Lorsque la situation est voulue depuis le départ, cela ne pose donc aucune difficulté. Dans le cas contraire, cela nécessite donc d’engager des poursuites judiciaires. La soloparente devra ainsi demander l’annulation de la reconnaissance devant le Juge de la filiation mais également faire face à l’action de l’homme désireux d’obtenir des droits devant le Juge aux Affaires Familiales (sans oublier la potentielle saisine d’un Juge des enfants et des actions devant le Juge pénal si les relations entre les deux adultes s’enveniment). A cela, s’ajoute également le fait de devoir expliquer plus tard à l’enfant, les mentions rayées (ou non) sur son acte de naissance. Ce dernier point est certes accessoire mais symbolique et tout aussi important.

Ce sont autant de contraintes qui justifient notre volonté de souhaiter une meilleure protection de la filiation de nos enfants.
Enfin, tout ceci montre les limites légales des situations des femmes ayant réalisé une PMA tout en
étant en couple hétérosexuel, surtout s’il y a cohabitation.


La PMA solo en couple indirectement contestée

L’objet même de l’association Mam’ensolo réside dans l’idée que toute femme devrait pouvoir concevoir sa famille et décider de dissocier parentalité et vie amoureuse. Elles sont nombreuses à avoir déjà témoigné en ce sens prouvant ainsi que le profil des soloparentes est protéiforme et défie les préjugés communs. C’est ainsi le cas par exemple de Marion (lien), de Bénédicte (lien) et bien entendu, c’est toute la thématique de l’ouvrage de Judith Duportail (Maternités Rebelles, octobre 2024, Binge audio Éditions).

Ce concept porté par les féministes se heurte pourtant à l’implacable lecture des juridictions qui ne jurent que par la dyade papa-maman.
Ainsi, une filiation paternelle dans le cadre d’une PMA solo, même contestée et qui ne sera donc
jamais paisible, leur est préférable à pas de filiation paternelle.

Par ailleurs, il faut aussi garder à l’esprit que le moment de la contestation a son importance, surtout si l’état n’est contesté qu’à l’issue de la séparation du couple.

En tout état de cause, le cas évoqué dans l’article du Parisien n’est pas isolé.

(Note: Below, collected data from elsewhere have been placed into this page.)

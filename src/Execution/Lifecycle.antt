-- ===== src/Execution/Lifecycle.antt =====
-- services/execution/lifecycle.py: PositionLifecycleService. The journal, the strategy's counters and the
-- control brain are not part of this model: the brain's answer is an argument of `tick`. The ledger's
-- positions have symbols of their own, so that an object of the ledger is the position of its symbol.
use apex_trader.Base.{
  ℕ, suc, String, Bool, true, false, not, ◌&&◌, ◌||◌, Option, none, some, List, [], ◌∷◌, any,
  length, if◌then◌else◌, str_eq,
}
use Prim.Native.String.{◌++◌ as ◌<>◌}
use apex_trader.Base.Floats.{FloatOps, ◌-F◌, ◌<F◌, ◌≤F◌, num, ratio, abs, min}
use apex_trader.Base.CaseMap.{CaseMap}
use apex_trader.Config.{Settings, is_live, is_shadow, is_paper}
use apex_trader.Cache.{Redis}
use apex_trader.Portfolio.Models.{PositionView}
use apex_trader.Portfolio.Manager.{find_position}
use apex_trader.Trades.Repository.{TradeRecord}
use apex_trader.Execution.Orders.{Message, has_fill}
use apex_trader.Execution.Protection.{Exposure, stop_problem, stop_identity_problem}
use apex_trader.Execution.World.{
  Result, ok, raised, Broker, Outside, Market, BrokerPosition, OrderReport,
}
use apex_trader.Execution.Run.{Run, ◌>>=◌, ◌>>◌, pure, modify, gets, call, outcome}
use apex_trader.Execution.Engine.Records.{degrade}
use apex_trader.Execution.Engine.Submission.{is_fine, or_zero}
use apex_trader.Execution.Engine.Selling.{place_exit}
use apex_trader.Execution.Engine.Closing.{
  net_pnl, price_or, book_exit_of, read_open_by_symbol, closed_row, fetch_price,
}

pub record Ticked : Type 0 where
  pub checked : ℕ
  pub exits : ℕ

module _ {F : Type 0} ⦃o : FloatOps F⦄ where
  abbrev pub held_exposure : Settings F → PositionView F → String → Exposure F
  held_exposure cfg pos symbol = record {
    symbol = symbol;
    qty = pos.qty;
    product = cfg.kite_product;
    exchange = cfg.kite_exchange;
  }

  -- A fill of the stop that is not the whole position, or has no price.
  abbrev pub is_ambiguous : PositionView F → OrderReport F → Bool
  is_ambiguous pos report =
      (ratio 1 10000 <F abs (or_zero report.stop.filled_quantity -F pos.qty))
      || (or_zero report.average_price ≤F num 0)

  -- `pos.stop_loss > 0 and ltp <= pos.stop_loss and mode in ("paper", "shadow")`
  abbrev pub stop_hit : Settings F → PositionView F → F → Bool
  stop_hit cfg pos ltp =
      (num 0 <F pos.stop_loss)
      && (ltp ≤F pos.stop_loss)
      && (is_paper cfg.trading_mode || is_shadow cfg.trading_mode)

  abbrev pub target_hit : PositionView F → F → Bool
  target_hit pos ltp = (num 0 <F pos.take_profit) && (pos.take_profit ≤F ltp)

module _ {F : Type 0} ⦃o : FloatOps F⦄ ⦃u : CaseMap⦄ where
  -- The broker holds the symbol of a position.
  abbrev pub is_held_in : List (BrokerPosition F) → PositionView F → Bool
  is_held_in positions p =
      any (λ q. str_eq (u.upper q.symbol) (u.upper p.symbol) && (num 0 <F q.qty)) positions

-- What the check of a live stop comes to.
pub data StopCheck (F : Type 0) : Type 0 where
  degraded protected : StopCheck F
  stopped_out : F → F → StopCheck F

module _ {F B W : Type 0} ⦃o : FloatOps F⦄ ⦃u : CaseMap⦄ ⦃b : Broker F B⦄ ⦃x : Outside W⦄
    ⦃r : Redis W⦄ ⦃k : Market F W⦄ where
  abbrev pub closed_if_gone :
      Settings F
      → F
      → String
      → Option (TradeRecord F)
      → Option (PositionView F)
      → Run F B W (Unit {0})
  closed_if_gone cfg price reason row (some left) = pure tt
  closed_if_gone cfg price reason row none =
      closed_row cfg price reason (some (Message.text ("Closed: " <> reason))) row

  abbrev pub close_held :
      Settings F → String → F → String → F → Option (PositionView F) → Run F B W (Unit {0})
  close_held cfg symbol price reason qty none = pure tt
  close_held cfg symbol price reason qty (some pos) =
      if (qty ≤F num 0) || (price ≤F num 0) then pure tt else do
        book_exit_of symbol price (net_pnl cfg price pos.entry (min qty pos.qty)) (min qty pos.qty)
        row ← read_open_by_symbol symbol
        left ← gets (λ w. find_position (u.upper symbol) w.portfolio.state.positions)
        closed_if_gone cfg price reason row left

  -- `_close_position`
  unfoldable pub close_position : Settings F → String → F → String → F → Run F B W (Unit {0})
  close_position cfg symbol price reason qty = do
    held ← gets (λ w. find_position (u.upper symbol) w.portfolio.state.positions)
    close_held cfg symbol price reason qty held

  -- `_ltps([symbol]).get(symbol, 0.0)`
  unfoldable pub read_ltp : Settings F → String → Run F B W F
  read_ltp cfg symbol = do
    real ← gets (λ w. k.has_real_data w.outside)
    if real
        then (do price ← fetch_price symbol; pure (price_or price (num 0)))
        else if is_live cfg.trading_mode || is_shadow cfg.trading_mode
        then pure (num 0)
        else λ w. (
          (k.last_close symbol w.outside).0,
          record w { outside = (k.last_close symbol w.outside).1 },
        )

  -- The stop of a position in live mode.
  unfoldable pub check_stop : Settings F → PositionView F → String → Run F B W (StopCheck F)
  check_stop cfg pos symbol =
      if str_eq pos.stop_order_id "" then (do modify degrade; pure StopCheck.degraded) else do
        report ← call (b.fetch_order_status pos.stop_order_id)
        if not (is_fine (stop_identity_problem report.stop (held_exposure cfg pos symbol)))
            then (do modify degrade; pure StopCheck.degraded)
            else if str_eq report.stop.status "COMPLETE"
            then (if is_ambiguous pos report
                then (do modify degrade; pure StopCheck.degraded)
                else pure (
                    StopCheck.stopped_out (or_zero report.stop.filled_quantity)
                      (or_zero report.average_price)))
            else if not (is_fine (stop_problem report.stop (held_exposure cfg pos symbol)))
            then (do modify degrade; pure StopCheck.degraded)
            else pure StopCheck.protected

  unfoldable pub exit_at : Settings F → PositionView F → String → String → F → Run F B W Bool
  exit_at cfg pos symbol reason ltp = do
    result ← place_exit cfg symbol pos.qty "exit" ltp
    if has_fill result.status
        then (do close_position cfg symbol result.avg_price reason result.filled_qty; pure true)
        else pure false

  unfoldable pub check_price : Settings F → PositionView F → String → Run F B W Bool
  check_price cfg pos symbol = do
    ltp ← read_ltp cfg symbol
    if ltp ≤F num 0
        then pure false
        else if stop_hit cfg pos ltp
        then exit_at cfg pos symbol "stop_loss" ltp
        else if target_hit pos ltp
        then exit_at cfg pos symbol "take_profit" ltp
        else pure false

  abbrev pub after_stop : Settings F → PositionView F → String → StopCheck F → Run F B W Bool
  after_stop cfg pos symbol StopCheck.degraded = pure false
  after_stop cfg pos symbol StopCheck.protected = check_price cfg pos symbol
  after_stop cfg pos symbol (StopCheck.stopped_out filled price) = do
    close_position cfg symbol price "stop_loss" filled
    pure true

  -- `_check_position`; was the position's exit booked?
  unfoldable pub check_position : Settings F → PositionView F → Run F B W Bool
  check_position cfg pos =
      if is_live cfg.trading_mode
      then (do
        stop ← check_stop cfg pos (u.upper pos.symbol)
        after_stop cfg pos (u.upper pos.symbol) stop)
      else check_price cfg pos (u.upper pos.symbol)

  abbrev pub check_held : Settings F → Option (PositionView F) → Run F B W Bool
  check_held cfg none = pure false
  check_held cfg (some pos) = check_position cfg pos

  -- The loop over the positions; the count is of the exits.
  unfoldable pub check_all : Settings F → List (PositionView F) → Run F B W ℕ
  check_all cfg [] = pure 0
  check_all cfg (p ∷ ps) = do
    held ← gets (λ w. find_position (u.upper p.symbol) w.portfolio.state.positions)
    closed ← check_held cfg held
    rest ← check_all cfg ps
    pure (if closed then suc rest else rest)

  abbrev pub compare_symbols : Settings F → Result (List (BrokerPosition F)) → Run F B W (Unit {0})
  compare_symbols cfg (raised e) = modify degrade
  compare_symbols cfg (ok positions) = do
    held ← gets (λ w. w.portfolio.state.positions)
    if is_live cfg.trading_mode && any (λ p. not (is_held_in positions p)) held
        then modify degrade
        else pure tt

  -- `_sync_missing_broker_positions`
  unfoldable pub sync_missing : Settings F → Run F B W (Unit {0})
  sync_missing cfg =
      if is_live cfg.trading_mode || is_paper cfg.trading_mode
      then (do answer ← outcome (call b.fetch_open_positions); compare_symbols cfg answer)
      else pure tt

  -- The checks of a tick, after the brain's answer.
  unfoldable pub check_ledger : Settings F → List (PositionView F) → Run F B W Ticked
  check_ledger cfg held = do
    connected ← if is_shadow cfg.trading_mode then pure true else call b.connect
    exits ← check_all cfg held
    sync_missing cfg
    pure (record { checked = length held; exits = exits })

  abbrev pub tick_on : Settings F → List (PositionView F) → Run F B W Ticked
  tick_on cfg [] = pure (record { checked = 0; exits = 0 })
  tick_on cfg (p ∷ ps) = check_ledger cfg (p ∷ ps)

  -- `tick`: without positions nothing is done, whatever the brain answered.
  unfoldable pub tick : Settings F → Run F B W Ticked
  tick cfg = do held ← gets (λ w. w.portfolio.state.positions); tick_on cfg held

L’association a hélas connaissance d’autres situations similaires de femmes actuellement en procédure contre des ex-compagnons (avec parfois, des reconnaissances effectuées malgré le désaccord de la mère).

N’hésitez pas à nous écrire si c’est ce que vous vivez.

Enfin, si vous avez conçu un enfant dans le cadre d’une PMA solo et qu’un homme souhaite reconnaître votre enfant, prenez conseil avant pour en mesurer les conséquences et, si cela n’est pas votre projet, n’hésitez pas à le contester.
Sachez aussi qu’il existe des mécanismes qui peuvent permettre à votre compagnon de jouer un rôle
auprès de votre enfant sans qu’il ne soit nécessaire qu’il reconnaisse votre enfant, la délégation
d’autorité parentale en est un exemple.